- **Exercise objective**
Work through the records that follow and return each line containing the word "unfoldable".

··········

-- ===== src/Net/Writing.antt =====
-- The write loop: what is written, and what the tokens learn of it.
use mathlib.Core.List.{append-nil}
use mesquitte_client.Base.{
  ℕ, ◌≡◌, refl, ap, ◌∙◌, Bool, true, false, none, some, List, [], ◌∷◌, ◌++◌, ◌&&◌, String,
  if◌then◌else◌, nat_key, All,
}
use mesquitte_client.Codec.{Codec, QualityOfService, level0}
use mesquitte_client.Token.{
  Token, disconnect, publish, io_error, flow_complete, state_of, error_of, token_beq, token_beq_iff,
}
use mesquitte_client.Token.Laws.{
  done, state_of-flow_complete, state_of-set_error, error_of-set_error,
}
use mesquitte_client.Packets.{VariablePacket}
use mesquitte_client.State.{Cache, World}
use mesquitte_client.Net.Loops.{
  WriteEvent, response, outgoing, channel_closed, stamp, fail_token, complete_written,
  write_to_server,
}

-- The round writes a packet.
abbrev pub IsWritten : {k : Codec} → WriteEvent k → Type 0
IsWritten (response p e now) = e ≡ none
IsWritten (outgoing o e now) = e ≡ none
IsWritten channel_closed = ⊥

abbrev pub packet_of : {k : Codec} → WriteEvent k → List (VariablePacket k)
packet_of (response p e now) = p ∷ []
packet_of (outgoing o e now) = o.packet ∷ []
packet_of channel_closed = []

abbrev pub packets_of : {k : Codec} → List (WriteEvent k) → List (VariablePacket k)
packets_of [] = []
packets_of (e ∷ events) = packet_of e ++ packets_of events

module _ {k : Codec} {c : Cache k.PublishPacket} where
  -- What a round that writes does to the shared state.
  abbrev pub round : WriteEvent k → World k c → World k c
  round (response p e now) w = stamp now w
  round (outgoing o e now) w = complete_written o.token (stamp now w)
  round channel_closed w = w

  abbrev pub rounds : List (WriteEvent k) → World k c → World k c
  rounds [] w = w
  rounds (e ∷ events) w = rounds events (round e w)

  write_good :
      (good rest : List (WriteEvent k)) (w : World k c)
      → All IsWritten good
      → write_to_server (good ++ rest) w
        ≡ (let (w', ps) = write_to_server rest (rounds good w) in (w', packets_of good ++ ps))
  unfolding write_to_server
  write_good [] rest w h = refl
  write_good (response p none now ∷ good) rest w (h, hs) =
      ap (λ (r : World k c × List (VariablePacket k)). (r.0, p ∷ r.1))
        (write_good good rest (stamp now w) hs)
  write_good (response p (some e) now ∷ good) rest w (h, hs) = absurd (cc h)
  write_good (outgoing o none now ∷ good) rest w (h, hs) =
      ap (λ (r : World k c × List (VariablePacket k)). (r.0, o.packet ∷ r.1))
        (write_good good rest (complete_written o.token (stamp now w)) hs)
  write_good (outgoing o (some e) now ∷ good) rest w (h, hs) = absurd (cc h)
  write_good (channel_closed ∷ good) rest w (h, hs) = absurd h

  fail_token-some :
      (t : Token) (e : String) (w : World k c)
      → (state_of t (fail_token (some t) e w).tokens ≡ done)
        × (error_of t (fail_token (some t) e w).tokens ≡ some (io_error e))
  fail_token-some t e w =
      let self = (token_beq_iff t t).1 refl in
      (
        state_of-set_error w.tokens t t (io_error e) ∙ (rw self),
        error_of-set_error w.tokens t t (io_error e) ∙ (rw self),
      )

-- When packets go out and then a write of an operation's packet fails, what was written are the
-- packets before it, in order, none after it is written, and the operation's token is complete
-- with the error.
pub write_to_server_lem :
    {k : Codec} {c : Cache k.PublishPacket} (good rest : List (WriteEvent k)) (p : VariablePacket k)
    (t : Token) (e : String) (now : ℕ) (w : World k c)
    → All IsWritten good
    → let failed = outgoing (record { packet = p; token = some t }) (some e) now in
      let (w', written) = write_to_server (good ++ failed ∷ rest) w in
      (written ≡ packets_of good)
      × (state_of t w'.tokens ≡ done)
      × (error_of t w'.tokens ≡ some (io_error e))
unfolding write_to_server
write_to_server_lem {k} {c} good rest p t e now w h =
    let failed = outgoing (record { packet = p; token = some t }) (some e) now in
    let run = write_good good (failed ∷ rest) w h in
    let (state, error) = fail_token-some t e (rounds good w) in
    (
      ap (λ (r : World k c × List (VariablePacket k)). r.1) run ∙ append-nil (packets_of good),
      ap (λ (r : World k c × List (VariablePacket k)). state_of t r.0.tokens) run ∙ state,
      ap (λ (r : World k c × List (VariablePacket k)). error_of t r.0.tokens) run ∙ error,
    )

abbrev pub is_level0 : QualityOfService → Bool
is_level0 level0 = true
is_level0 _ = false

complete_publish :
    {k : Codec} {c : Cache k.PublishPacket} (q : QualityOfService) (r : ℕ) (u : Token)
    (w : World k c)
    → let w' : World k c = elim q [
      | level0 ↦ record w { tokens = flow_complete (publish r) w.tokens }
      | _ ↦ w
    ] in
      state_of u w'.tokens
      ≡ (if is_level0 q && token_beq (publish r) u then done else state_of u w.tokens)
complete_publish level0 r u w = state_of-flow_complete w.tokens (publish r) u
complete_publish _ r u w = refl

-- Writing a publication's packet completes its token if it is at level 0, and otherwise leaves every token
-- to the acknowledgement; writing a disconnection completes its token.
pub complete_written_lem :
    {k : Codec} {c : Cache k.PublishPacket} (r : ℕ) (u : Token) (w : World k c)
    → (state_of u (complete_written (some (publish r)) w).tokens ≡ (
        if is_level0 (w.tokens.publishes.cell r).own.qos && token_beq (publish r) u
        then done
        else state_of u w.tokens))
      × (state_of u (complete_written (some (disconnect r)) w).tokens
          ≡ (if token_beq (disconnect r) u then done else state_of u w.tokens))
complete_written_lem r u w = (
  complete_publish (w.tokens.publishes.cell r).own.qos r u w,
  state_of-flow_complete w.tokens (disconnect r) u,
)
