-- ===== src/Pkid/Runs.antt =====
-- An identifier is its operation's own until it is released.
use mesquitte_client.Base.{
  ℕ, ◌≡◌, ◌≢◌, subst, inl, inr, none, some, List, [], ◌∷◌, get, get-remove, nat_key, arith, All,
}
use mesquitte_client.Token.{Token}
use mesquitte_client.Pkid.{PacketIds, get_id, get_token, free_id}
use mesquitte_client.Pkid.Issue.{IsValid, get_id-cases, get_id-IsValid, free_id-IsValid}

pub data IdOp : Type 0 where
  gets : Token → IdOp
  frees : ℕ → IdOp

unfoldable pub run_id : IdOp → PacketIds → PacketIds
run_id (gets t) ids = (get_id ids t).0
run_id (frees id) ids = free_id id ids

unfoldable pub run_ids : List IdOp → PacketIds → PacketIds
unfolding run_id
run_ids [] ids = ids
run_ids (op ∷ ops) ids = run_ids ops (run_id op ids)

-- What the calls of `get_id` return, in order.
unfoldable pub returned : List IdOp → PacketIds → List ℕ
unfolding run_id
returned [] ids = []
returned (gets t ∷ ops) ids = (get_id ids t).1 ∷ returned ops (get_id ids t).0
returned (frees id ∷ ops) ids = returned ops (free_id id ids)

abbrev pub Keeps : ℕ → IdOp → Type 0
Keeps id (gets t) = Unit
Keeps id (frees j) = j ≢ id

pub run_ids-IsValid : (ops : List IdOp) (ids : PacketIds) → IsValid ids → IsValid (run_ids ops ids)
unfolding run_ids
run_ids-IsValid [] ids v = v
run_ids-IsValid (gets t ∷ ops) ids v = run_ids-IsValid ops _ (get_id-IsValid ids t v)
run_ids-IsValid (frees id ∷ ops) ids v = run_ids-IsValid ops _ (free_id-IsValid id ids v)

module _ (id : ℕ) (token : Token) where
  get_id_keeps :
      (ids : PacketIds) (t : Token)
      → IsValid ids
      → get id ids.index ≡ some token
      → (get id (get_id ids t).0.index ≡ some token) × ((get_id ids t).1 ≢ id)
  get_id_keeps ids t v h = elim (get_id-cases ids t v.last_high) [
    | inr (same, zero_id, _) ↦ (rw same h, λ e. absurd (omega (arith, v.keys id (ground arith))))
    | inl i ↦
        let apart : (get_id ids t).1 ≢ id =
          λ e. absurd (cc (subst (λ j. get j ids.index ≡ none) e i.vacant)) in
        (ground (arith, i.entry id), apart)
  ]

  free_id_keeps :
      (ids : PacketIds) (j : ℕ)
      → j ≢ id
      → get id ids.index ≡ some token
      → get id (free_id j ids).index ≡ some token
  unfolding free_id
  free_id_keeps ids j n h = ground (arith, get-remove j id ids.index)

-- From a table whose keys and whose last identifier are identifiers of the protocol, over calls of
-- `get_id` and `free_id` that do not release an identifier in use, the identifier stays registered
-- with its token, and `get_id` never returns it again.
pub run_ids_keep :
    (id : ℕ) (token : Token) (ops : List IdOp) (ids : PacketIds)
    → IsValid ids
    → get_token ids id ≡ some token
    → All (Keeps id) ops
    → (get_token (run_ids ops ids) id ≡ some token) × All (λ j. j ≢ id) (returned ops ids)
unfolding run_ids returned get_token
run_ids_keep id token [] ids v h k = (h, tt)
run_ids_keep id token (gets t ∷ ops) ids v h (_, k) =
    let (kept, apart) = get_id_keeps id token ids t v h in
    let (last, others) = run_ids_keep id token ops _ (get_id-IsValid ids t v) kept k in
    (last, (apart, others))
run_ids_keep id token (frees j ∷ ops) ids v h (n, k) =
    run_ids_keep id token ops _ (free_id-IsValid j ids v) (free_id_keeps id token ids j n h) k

··········

- **Result of this task**
unfoldable pub run_id : IdOp → PacketIds → PacketIds
unfoldable pub run_ids : List IdOp → PacketIds → PacketIds
unfoldable pub returned : List IdOp → PacketIds → List ℕ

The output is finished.